Do you think it's better to simply let the dialogue speak for itself and not try to pad it out descriptively every once in awhile?

For example, to write: "Blah blah blah," he said, sitting back and stroking his beard thoughtfully.

Or is it enough to write line after line of dialogue without such embellishments?

I prefer not adding them, but I find it looks strangely inadequate to have twenty lines of dialogue with no reference to the setting. I almost feel as if the reader might get lost if they're not called back to it once in awhile.


----------



## Conker (Sep 13, 2013)

Like most things, I find it to be a balancing act. If the scene requires lots of talking, then I assume leave out every little detail of what the character is doing. It can really depend on what the conversation is about though, and how you want the characters to appear while talking. Few details sprinkled in will never hurt, assuming they are the correct details to bring up.


----------



## Aleu (Sep 13, 2013)

I dunno, depends on what the writer is intending. Sometimes you get lost in the conversation as you would every day. The only thing I'd describe would be the reaction of the character if it calls for it, such as surprise or disgust. I have lines of just dialogue in my story here for example. (Mature for language)

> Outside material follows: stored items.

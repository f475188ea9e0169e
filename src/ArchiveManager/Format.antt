-- ===== src/ArchiveManager/Format.antt =====
-- What an archive holds: for each directory and each regular file, in the order of packDirectory,
-- its header and the packed form of its data.
use drop_file.FsEntryInfo.Format.{length-entry_header, entry_header}
use drop_file.Zstd.Laws.{Packs, Laws}
use drop_file.ArchiveManager.{
  no_entries, unreadable, other, folder, regular_file, Node, join_paths, entry, Entries,
}
use drop_file.Zstd.{Library}
use drop_file.FsEntryInfo.{path_max_len, FsEntryInfo}
use drop_file.Common.{
  ℕ, ◌≤◌, ◌<◌, ◌≡◌, refl, sym, ap, subst, ◌∙◌, none, some, List, [], ◌∷◌, ◌++◌, append-nil,
  append_assoc, arith, Bytes, length, length-append,
}

pub data Item : Type 0 where
  made_directory : Bytes → Item
  made_file : Bytes → Bytes → Item

abbrev pub header_of : ℕ → Bytes → ℕ → FsEntryInfo
header_of is_directory path packed_size = record {
  is_directory = is_directory;
  relative_path = path;
  compressed_length = packed_size;
}

module _ {z : Library} (l : Laws z) where
  -- The packed forms of an item's data.
  abbrev pub Written : Item → Bytes → Type 0
  Written (made_directory path) bytes =
      (length path ≤ path_max_len) × (bytes ≡ entry_header (header_of 1 path 0))
  Written (made_file path content) bytes =
      (length path ≤ path_max_len)
      × ((zs : Bytes) × Packs l content zs
          × (bytes ≡ entry_header (header_of 0 path (length zs)) ++ zs))

  abbrev pub Archived : List Item → Bytes → Type 0
  Archived [] bytes = bytes ≡ []
  Archived (i ∷ is) bytes =
      (front : Bytes) × (rest : Bytes) × Written i front
      × Archived is rest
      × (bytes ≡ front ++ rest)

  pub Archived-one : (i : Item) (bytes : Bytes) → Written i bytes → Archived (i ∷ []) bytes
  Archived-one i bytes w = (bytes, [], w, refl, sym (append-nil bytes))

  pub length-Written : (i : Item) (bytes : Bytes) → Written i bytes → 0 < length bytes
  length-Written (made_directory path) bytes (fits, e) =
      omega (arith, ap length e, length-entry_header (header_of 1 path 0))
  length-Written (made_file path content) bytes (fits, (zs, packed, e)) =
      let head = header_of 0 path (length zs) in
      omega (arith, ap length e, length-append (entry_header head) zs, length-entry_header head)

  -- An item takes a byte at least.
  pub length-Archived :
      (is : List Item) (bytes : Bytes) → Archived is bytes → length is ≤ length bytes
  length-Archived [] bytes h = omega arith
  length-Archived (i ∷ is) bytes (front, rest, w, h, e) = omega (
    arith,
    ap length e,
    length-append front rest,
    length-Written i front w,
    length-Archived is rest h,
  )

  pub Archived-append :
      (is js : List Item) (a b : Bytes)
      → Archived is a
      → Archived js b
      → Archived (is ++ js) (a ++ b)
  Archived-append [] js a b ha hb = subst (λ x. Archived js (x ++ b)) (sym ha) hb
  Archived-append (i ∷ is) js a b (front, rest, w, ha, e) hb = (
    front,
    rest ++ b,
    w,
    Archived-append is js rest b ha hb,
    ap (λ x. x ++ b) e ∙ append_assoc front rest b,
  )

-- What packDirectory goes through.
unfoldable mutual
  pub items_of : Bytes → Entries → List Item
  items_of path no_entries = []
  items_of path unreadable = []
  items_of path (entry name node entries) =
      items_of_node (join_paths path name) node ++ items_of path entries

  pub items_of_node : Bytes → Node → List Item
  items_of_node path (regular_file none) = []
  items_of_node path (regular_file (some content)) = made_file path content ∷ []
  items_of_node path (folder entries) = made_directory path ∷ items_of path entries
  items_of_node path other = []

I don't mind descriptives after dialogue if it fits the character, such as one that needs to do things with his hands while conversing. Though if it's all the time with every character...it gets overwhelming.


----------



## M. LeRenard (Sep 13, 2013)

I feel like it has a lot to do with the atmosphere you want to project.  If you happen to write in a very minimalist style, you can leave almost every one of the tags out and have it just be a flow of conversation, but if you want it to help project more of the characters' personalities or what have you you can start adding body language into the mix (nervous tics, things like that, to help flesh out the characters through non-verbal dialogue).  It is very easy to overdo it with the tags, though, so getting the appropriate dialogue/tag ratio is a bit of an art.  Honestly, though, I find that reading the passages out loud is one of the best ways to determine if you're going overboard with either one.  It'll just end up feeling like a pacing issue when you do that, and you can adjust it appropriately.


----------



## Conker (Sep 13, 2013)

M. LeRenard said:


> I feel like it has a lot to do with the atmosphere you want to project.  If you happen to write in a very minimalist style, you can leave almost every one of the tags out and have it just be a flow of conversation, but if you want it to help project more of the characters' personalities or what have you you can start adding body language into the mix (nervous tics, things like that, to help flesh out the characters through non-verbal dialogue).  It is very easy to overdo it with the tags, though, so getting the appropriate dialogue/tag ratio is a bit of an art.  Honestly, though, I find that reading the passages out loud is one of the best ways to determine if you're going overboard with either one.  It'll just end up feeling like a pacing issue when you do that, and you can adjust it appropriately.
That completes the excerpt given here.